Average success probability $P_{100}$ between $t=0$ and $t=100$ (solid blue line) calculated on the basis of $10000$ independent random points within this range and $\overline{\chi }$ (dashed red line) versus $\gamma$ for the two-qubit system given in Eq. (5). The vertical dotted line indicates the value of ${\gamma }_{\chi }$.

Figure 11

Log-linear plot of average short-time success probability $⟨P_{\mathrm{short}}⟩$ against number of qubits $n$ for quantum walks on the spin-glass dataset from Ref. [72] using the heuristic hopping rate ${\gamma }_{\chi }$ derived for each instance by optimization of the average dynamic coefficient $\overline{\chi }$ (red line).
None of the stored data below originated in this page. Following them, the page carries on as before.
-- ===== src/Pve.antt =====
-- crates/pbox-core/src/pve.rs: what is checked and encoded before it goes into a request to PVE, and
-- what is picked from a reply: the state of a task and the IPv4 address of a container. A text is its
-- bytes in encode_query_component and its characters elsewhere.
pub mod Encoding
pub mod Segments
pub mod Selection
mod Tests
use pbox.Base.{
  is_ascii_control, ℕ, ◌+◌, ◌*◌, ◌/◌, ◌%◌, ◌-◌, ◌≡◌, ◌≤◌, ◌<◌, Bool, true, false, not, ◌&&◌, ◌||◌,
  Option, none, some, List, [], ◌∷◌, ◌++◌, Text, codes, text_eq, starts_with, is_empty, is_digit,
  is_lowercase, is_uppercase, is_alphanumeric, ltb, leb, ◌==◌, if◌then◌else◌, length, all, any,
  split, Result, ok, err, guard, fail_if, ◌>>=◌, ◌>>◌, parse_digits, show,
}

pub data PveError : Type 0 where
  invalid_path_segment : Text → PveError
  invalid_snapshot_name : Text → PveError

abbrev pub Check : Type 0
Check = Result PveError (Unit {0})

unfoldable pub is_reserved : ℕ → Bool
is_reserved ch = ch == b'/' || ch == 92 || ch == b'?' || ch == b'#' || ch == b'%'

unfoldable pub bad_segment : Text → Bool
bad_segment value =
    is_empty value
    || text_eq value (codes ".")
    || text_eq value (codes "..")
    || any is_reserved value

unfoldable pub validate_path_segment : Text → Text → Check
validate_path_segment value field = fail_if (bad_segment value) (invalid_path_segment field)

-- The path of `lxc_status_action`, behind the base URL.
unfoldable pub lxc_status_path : Text → ℕ → Text → Result PveError Text
lxc_status_path node vmid action = do
  validate_path_segment node (codes "node")
  validate_path_segment action (codes "action")
  ok (codes "/nodes/" ++ (node ++ (codes "/lxc/" ++ (show vmid ++ (codes "/status/" ++ action)))))

unfoldable pub validate_oci_reference : Text → Check
validate_oci_reference value =
    fail_if
      (is_empty value
        || any
            (λ ch.
              is_ascii_control ch
              || ch == b'?'
              || ch == b'#'
              || ch == b'%'
              || ch == b'&'
              || ch == 92)
            value)
      (invalid_path_segment (codes "OCI reference"))

unfoldable pub is_plain : ℕ → Bool
is_plain byte =
    is_alphanumeric byte
    || byte == b'-'
    || byte == b'.'
    || byte == b'_'
    || byte == b'~'
    || byte == b'/'
    || byte == b':'
    || byte == b'@'

-- `{:X}` of a number below sixteen.
unfoldable pub hex_digit : ℕ → ℕ
hex_digit n = if ltb n 10 then b'0' + n else b'A' + (n - 10)

unfoldable pub encode_byte : ℕ → Text
encode_byte byte =
    if is_plain byte then byte ∷ [] else b'%' ∷ hex_digit (byte / 16) ∷ hex_digit (byte % 16) ∷ []

unfoldable pub encode_query_component : Text → Text
encode_query_component [] = []
encode_query_component (byte ∷ value) = encode_byte byte ++ encode_query_component value

abbrev is_alphabetic : ℕ → Bool
is_alphabetic ch = is_lowercase ch || is_uppercase ch

-- The first character, and the others.
unfoldable pub valid_characters : Text → Bool
valid_characters [] = false
valid_characters (ch ∷ t) =
    is_alphabetic ch && all (λ c. is_alphanumeric c || c == b'_' || c == b'-') t

-- `value.len()` is the number of bytes; a name that passes is ASCII.
unfoldable pub validate_snapshot_name : Text → Check
validate_snapshot_name value =
    guard
      (leb 2 (length value)
        && not (is_empty value)
        && leb (length value) 40
        && not (text_eq value (codes "current"))
        && not (text_eq value (codes "vzdump"))
        && valid_characters value)
      (invalid_snapshot_name value)

unfoldable pub is_successful : Text → Option Text → Bool
is_successful status exitstatus = text_eq status (codes "stopped") && elim exitstatus [
  | none ↦ false
  | some e ↦ text_eq e (codes "OK") || starts_with (codes "WARNINGS:") e
]

-- The fields of a runtime interface that the choice of an address reads.
pub record LxcInterface : Type 0 where
  pub name : Option Text
  pub active : Option ℕ
  pub exists_ : Option ℕ
  pub inet : Option Text

-- `Ipv4Addr` as its four octets.
abbrev pub Ipv4 : Type 0
Ipv4 = ℕ × ℕ × ℕ × ℕ

-- A decimal octet: no more than three digits, no leading zero, 255 at most.
unfoldable pub parse_octet : Text → Option ℕ
parse_octet [] = none
parse_octet (d ∷ t) =
    if (d == b'0' && not (is_empty t)) || ltb 2 (length t) then none else parse_digits 255 0 (d ∷ t)

unfoldable pub octets : List Text → Option Ipv4
octets (a ∷ b ∷ c ∷ d ∷ []) = elim (parse_octet a) [
  | none ↦ none
  | some a ↦ elim (parse_octet b) [
    | none ↦ none
    | some b ↦ elim (parse_octet c) [
      | none ↦ none
      | some c ↦ elim (parse_octet d) [ none ↦ none | some d ↦ some (a, b, c, d) ]
    ]
  ]
]
octets _ = none

unfoldable pub parse_ipv4 : Text → Option Ipv4
parse_ipv4 t = octets (split b'.' t)

unfoldable pub is_unusable : Ipv4 → Bool
is_unusable (a, b, c, d) =
    (a == 0 && b == 0 && c == 0 && d == 0) || a == 127 || (a == 169 && b == 254)

abbrev pub is_zero : Option ℕ → Bool
is_zero none = false
is_zero (some n) = n == 0

abbrev pub first_part : List Text → Option Text
first_part [] = none
first_part (t ∷ ts) = some t

-- `is_eth0` is the negation of the first part of the key in the source.
abbrev pub is_eth0 : Option Text → Bool
is_eth0 none = false
is_eth0 (some n) = text_eq n (codes "eth0")

abbrev pub parsed_prefix : Option Text → Option Ipv4
parsed_prefix none = none
parsed_prefix (some t) = parse_ipv4 t

abbrev pub reachable_address : Option Ipv4 → Option Ipv4
reachable_address none = none
reachable_address (some a) = if is_unusable a then none else some a

unfoldable pub usable_address : Option Text → Option Ipv4
usable_address none = none
usable_address (some inet) = reachable_address (parsed_prefix (first_part (split b'/' inet)))

-- Whether the interface is not eth0, and its address, where it has one that is used.
unfoldable pub candidate : LxcInterface → Option (Bool × Ipv4)
candidate i =
    if is_zero i.active || is_zero i.exists_
    then none
    else elim (usable_address i.inet) [ none ↦ none | some a ↦ some (not (is_eth0 i.name), a) ]

-- The order of the keys: false is below true, and octets are compared from the left.
unfoldable pub before : ℕ → ℕ → Bool → Bool
before x y rest = ltb x y || (x == y && rest)

unfoldable pub octets_le : Ipv4 → Ipv4 → Bool
unfolding before
octets_le (a, b, c, d) (a', b', c', d') = before a a' (before b b' (before c c' (leb d d')))

unfoldable pub key_le : Bool × Ipv4 → Bool × Ipv4 → Bool
key_le (false, x) (false, y) = octets_le x y
key_le (false, x) (true, y) = true
key_le (true, x) (false, y) = false
key_le (true, x) (true, y) = octets_le x y

-- `min_by_key`: the first of the smallest.
unfoldable pub smaller : Bool × Ipv4 → Option (Bool × Ipv4) → Bool × Ipv4
smaller x none = x
smaller x (some y) = if key_le x y then x else y

unfoldable pub smallest : List LxcInterface → Option (Bool × Ipv4)
smallest [] = none
smallest (i ∷ is) =
    let rest = smallest is in elim (candidate i) [ none ↦ rest | some x ↦ some (smaller x rest) ]

unfoldable pub select_lxc_ipv4 : List LxcInterface → Option Ipv4
select_lxc_ipv4 is = elim (smallest is) [ none ↦ none | some x ↦ some (x.1) ]
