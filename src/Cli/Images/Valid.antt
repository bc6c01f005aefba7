-- ===== src/Cli/Images/Valid.antt =====
-- What `ImageReference::parse` of crates/pbox-cli/src/images.rs accepts, and what becomes of it in a
-- request to PVE.
use pbox.Base.{
  ℕ, ◌≡◌, refl, subst, inl, inr, Bool, true, false, not, ◌||◌, ◌==◌, Option, none, some, [], ◌∷◌,
  ◌++◌, Text, codes, trim, is_empty, is_ascii_control, to_ascii_lowercase, any, split, split_once,
  rsplit_once, ok, ok_or, ok-injective, >>=-eq-ok, fail_if-eq-ok, All, All-append, not-true, arith,
  ◌⊎◌,
}
use pbox.Pve.{validate_oci_reference}
use pbox.Cli.Images.{
  ImageReference, empty_reference, invalid_reference, tag_and_digest, invalid_tag, has_character,
  validate_name_component, validate_repository, is_tag, validate_tag, validate_digest, has_tag,
  Parts, digest_parts, tagged_parts, tag_parts, cut_parts, parts_of, locate, without_scheme, parse,
  full_repository, ending, canonical,
}
use pbox.Cli.Images.Characters.{
  is_safe, Safe, name_component-Safe, repository-Safe, tag-Safe, digest-Safe,
}

-- A reference has a tag, or a digest that the check gave back, and never both.
abbrev pub IsPinned : Option Text → Option Text → Type 0
IsPinned tag digest =
    ((t : Text) × (tag ≡ some t) × (is_tag t ≡ true) × (digest ≡ none))
    ⊎ ((d : Text) × (v : Text) × (tag ≡ none) × (digest ≡ some d) × (validate_digest v ≡ ok d))

validate_tag-eq-ok : (t u : Text) → validate_tag t ≡ ok u → (t ≡ u) × (is_tag t ≡ true)
unfolding validate_tag
validate_tag-eq-ok t u h =
    let (h1, k) = fail_if-eq-ok (not (is_tag t)) invalid_tag _ h in
    (ok-injective k, not-true (is_tag t) h1)

latest : is_tag (codes "latest") ≡ true
unfolding is_tag
latest = refl

digest_parts-IsPinned :
    (name digest : Text) (p : Parts) → digest_parts name digest ≡ ok p → IsPinned p.tag p.digest
unfolding digest_parts
digest_parts-IsPinned name digest p h =
    let (_, h1) =
      fail_if-eq-ok (is_empty digest || has_character b'@' digest) invalid_reference _ h in
    let (_, h2) = fail_if-eq-ok (has_tag name) tag_and_digest _ h1 in
    let (d, e, h3) = >>=-eq-ok (validate_digest digest) _ h2 in
    subst (λ q. IsPinned q.tag q.digest) (ok-injective h3) (inr (d, digest, refl, refl, e))

tagged_parts-IsPinned :
    (value : Text) (b : Bool) (p : Parts) → tagged_parts value b ≡ ok p → IsPinned p.tag p.digest
tagged_parts-IsPinned value false p h =
    subst (λ q. IsPinned q.tag q.digest) (ok-injective h) (inl (codes "latest", refl, latest, refl))
tagged_parts-IsPinned value true p h =
    let ((name, tag), _, h1) = >>=-eq-ok (ok_or (rsplit_once b':' value) invalid_reference) _ h in
    let (t, e, h2) = >>=-eq-ok (validate_tag tag) _ h1 in
    let (same, fine) = validate_tag-eq-ok tag t e in
    subst (λ q. IsPinned q.tag q.digest) (ok-injective h2)
      (inl (t, refl, subst (λ x. is_tag x ≡ true) same fine, refl))

tag_parts-IsPinned : (value : Text) (p : Parts) → tag_parts value ≡ ok p → IsPinned p.tag p.digest
unfolding tag_parts
tag_parts-IsPinned value p h = tagged_parts-IsPinned value (has_tag value) p h

cut_parts-IsPinned :
    (value : Text) (cut : Option (Text × Text)) (p : Parts)
    → cut_parts value cut ≡ ok p
    → IsPinned p.tag p.digest
cut_parts-IsPinned value none p h = tag_parts-IsPinned value p h
cut_parts-IsPinned value (some (name, digest)) p h = digest_parts-IsPinned name digest p h

parts_of-IsPinned : (value : Text) (p : Parts) → parts_of value ≡ ok p → IsPinned p.tag p.digest
unfolding parts_of
parts_of-IsPinned value p h = cut_parts-IsPinned value (split_once b'@' value) p h

ending-Safe : (tag digest : Option Text) → IsPinned tag digest → Safe (ending tag digest)
ending-Safe tag digest (inl (t, e, h, f)) = rw (e, f) (refl, tag-Safe t h)
ending-Safe tag digest (inr (d, v, e, f, h)) = rw (e, f) (refl, digest-Safe v d h)

none_refused :
    (t : Text)
    → Safe t
    → any
        (λ ch.
          is_ascii_control ch || ch == b'?' || ch == b'#' || ch == b'%' || ch == b'&' || ch == 92)
        t
      ≡ false
unfolding is_ascii_control
none_refused [] a = refl
none_refused (c ∷ t) (h, a) = ground (arith, none_refused t a)

-- What `parse` gives, in the order of its checks.
pub record Parsed (input : Text) (r : ImageReference) : Type 0 where
  pub pinned : IsPinned r.tag r.digest
  pub registry : (v : Text) × (validate_name_component v ≡ ok r.registry)
  pub repository : (v : Text) × (validate_repository v ≡ ok r.repository)

parse-Parsed : (input : Text) (r : ImageReference) → parse input ≡ ok r → Parsed input r
unfolding parse
parse-Parsed input r h =
    let value = without_scheme (trim input) in
    let (_, h1) =
      fail_if-eq-ok (is_empty value || any is_ascii_control value) empty_reference _ h in
    let (p, e, h2) = >>=-eq-ok (parts_of value) _ h1 in
    let (registry, f, h3) =
      >>=-eq-ok (validate_name_component ((locate p.name (split b'/' p.name)).0)) _ h2 in
    let (repository, g, h4) =
      >>=-eq-ok (validate_repository (to_ascii_lowercase ((locate p.name (split b'/' p.name)).1))) _
        h3 in
    subst (Parsed input) (ok-injective h4)
      (record { pinned = parts_of-IsPinned value p e; registry = (_, f); repository = (_, g) })

canonical-Safe : (input : Text) (r : ImageReference) → Parsed input r → Safe (canonical r)
unfolding canonical full_repository
canonical-Safe input r parsed =
    let (v, f) = parsed.registry in
    let (w, g) = parsed.repository in
    All-append (λ c. is_safe c ≡ true) (r.registry ++ (b'/' ∷ r.repository)) (ending r.tag r.digest)
      (All-append (λ c. is_safe c ≡ true) r.registry (b'/' ∷ r.repository)
        (name_component-Safe v r.registry f) (refl, repository-Safe w r.repository g))
      (ending-Safe r.tag r.digest parsed.pinned)

not_empty : (a b : Text) (c : ℕ) (d : Text) → is_empty ((a ++ c ∷ b) ++ d) ≡ false
not_empty [] b c d = refl
not_empty (x ∷ a) b c d = refl

canonical-full : (r : ImageReference) → is_empty (canonical r) ≡ false
unfolding canonical full_repository
canonical-full r = not_empty r.registry r.repository b'/' (ending r.tag r.digest)

-- Where `parse` accepts an image reference: it has either a tag that the tag check accepts or a digest
-- that the digest check gave, not both; and its canonical form has letters, digits and `.-_/:@+` only,
-- so that the PVE client accepts it as the reference of an image to pull.
pub parse-validate_oci_reference :
    (input : Text) (r : ImageReference)
    → parse input ≡ ok r
    → IsPinned r.tag r.digest
      × All (λ c. is_safe c ≡ true) (canonical r)
      × (validate_oci_reference (canonical r) ≡ ok tt)
unfolding validate_oci_reference
parse-validate_oci_reference input r h =
    let parsed = parse-Parsed input r h in
    let safe = canonical-Safe input r parsed in
    (parsed.pinned, safe, rw (canonical-full r, none_refused (canonical r) safe) refl)
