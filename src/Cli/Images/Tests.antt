-- ===== src/Cli/Images/Tests.antt =====
-- Image references, search terms and tags.
use pbox.Base.{
  Option, ◌≡◌, refl, true, none, some, List, [], ◌∷◌, Text, codes, text_eq, trim, trim_start,
  trim_end, starts_with, strip_prefix, find, is_whitespace, is_control, is_ascii_control, take,
  split, split_once, rfind, rsplit_once, parse_unsigned, parse_digits, ok, err, All,
}
use pbox.Pve.{validate_oci_reference}
use pbox.Cli.Images.{
  ImageReference, tag_and_digest, bad_query, is_registry_host, is_host_part, host_and_port,
  is_bad_host, is_bad_port, validate_name_component, next_place, valid_from,
  valid_repository_component, validate_repository, is_tag, validate_tag, has_tag, digest_parts,
  tag_parts, parts_of, locate, parse, canonical, is_oci_reference, oci_reference_for_image,
}
use pbox.Cli.Images.Terms.{image_search_term, parse_local_oci_tags}
use pbox.Cli.Images.Characters.{is_safe}
use pbox.Cli.Images.Valid.{IsPinned, parse-validate_oci_reference}
use pbox.Cli.Images.Tags.{Increasing, has_tag_in, parse_local_oci_tags-listed}

abbrev debian : ImageReference
debian = record {
  registry = codes "docker.io";
  repository = codes "library/debian";
  tag = some (codes "12");
  digest = none;
}

debian_parsed : parse (codes " docker://debian:12 ") ≡ ok debian
unfolding parse trim trim_start trim_end is_whitespace strip_prefix is_ascii_control parts_of
    split_once tag_parts has_tag rfind rsplit_once validate_tag is_tag split locate
    validate_name_component host_and_port is_bad_host is_host_part is_bad_port validate_repository
    valid_repository_component valid_from next_place
debian_parsed = refl

with_port :
    parse (codes "localhost:5000/team/app")
    ≡ ok (record {
      registry = codes "localhost:5000";
      repository = codes "team/app";
      tag = some (codes "latest");
      digest = none;
    })
unfolding parse trim trim_start trim_end is_whitespace strip_prefix is_ascii_control parts_of
    split_once tag_parts has_tag rfind split locate is_registry_host text_eq validate_name_component
    host_and_port rsplit_once is_bad_host is_host_part is_bad_port parse_unsigned parse_digits
    validate_repository valid_repository_component valid_from next_place
with_port = refl

both : parse (codes "debian:12@sha256:00") ≡ err tag_and_digest
unfolding parse trim trim_start trim_end is_whitespace strip_prefix is_ascii_control parts_of
    split_once digest_parts has_tag rfind
both = refl

template_name : oci_reference_for_image (codes "debian-12") ≡ codes "debian:12"
unfolding oci_reference_for_image trim trim_start trim_end is_whitespace is_oci_reference
    starts_with strip_prefix has_tag rfind rsplit_once
template_name = refl

option_refused : image_search_term (codes "--help") (codes "docker.io") ≡ err bad_query
unfolding image_search_term trim trim_start trim_end is_whitespace starts_with strip_prefix
option_refused = refl

term : image_search_term (codes " debian ") (codes "docker.io/") ≡ ok (codes "docker.io/debian")
unfolding image_search_term trim trim_start trim_end is_whitespace is_control starts_with
    strip_prefix find
term = refl

abbrev reply : Text → Option (List Text)
reply value = some (codes "12" ∷ codes "11" ∷ codes "12" ∷ [])

parse-validate_oci_reference_example :
    IsPinned (some (codes "12")) none
    × All (λ c. is_safe c ≡ true) (canonical debian)
    × (validate_oci_reference (canonical debian) ≡ ok tt)
parse-validate_oci_reference_example =
    parse-validate_oci_reference (codes " docker://debian:12 ") debian debian_parsed

parse_local_oci_tags-listed_example :
    (whole : List Text) × Increasing whole
    × ((x : Text) → has_tag_in whole x ≡ has_tag_in (codes "12" ∷ codes "11" ∷ codes "12" ∷ []) x)
    × (parse_local_oci_tags reply [] 5 ≡ ok (take 5 whole))
parse_local_oci_tags-listed_example =
    parse_local_oci_tags-listed reply [] 5 (codes "12" ∷ codes "11" ∷ codes "12" ∷ []) refl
Also shown for comparison is $⟨P_{\mathrm{short}}⟩$ obtained with the fine-tuned heuristic hopping rate ${\gamma }_{\mathrm{heur}}$ (blue line) described in Ref. [55].

Figure 12

(a) A heuristic quench schedule of duration $t_f=2.0$ (red line) derived from the average dynamic coefficient $\overline{\chi }$ for a typical nine-qubit spin-glass instance from Ref. [72]. For comparison, a linear schedule (also of duration $t_f=2.0$) is also shown. (b) The instantaneous success probability $P(t)$ for measuring the problem ground state for each time $t$ as the quench progresses along the heuristic schedule (red line) and the linear schedule (blue line).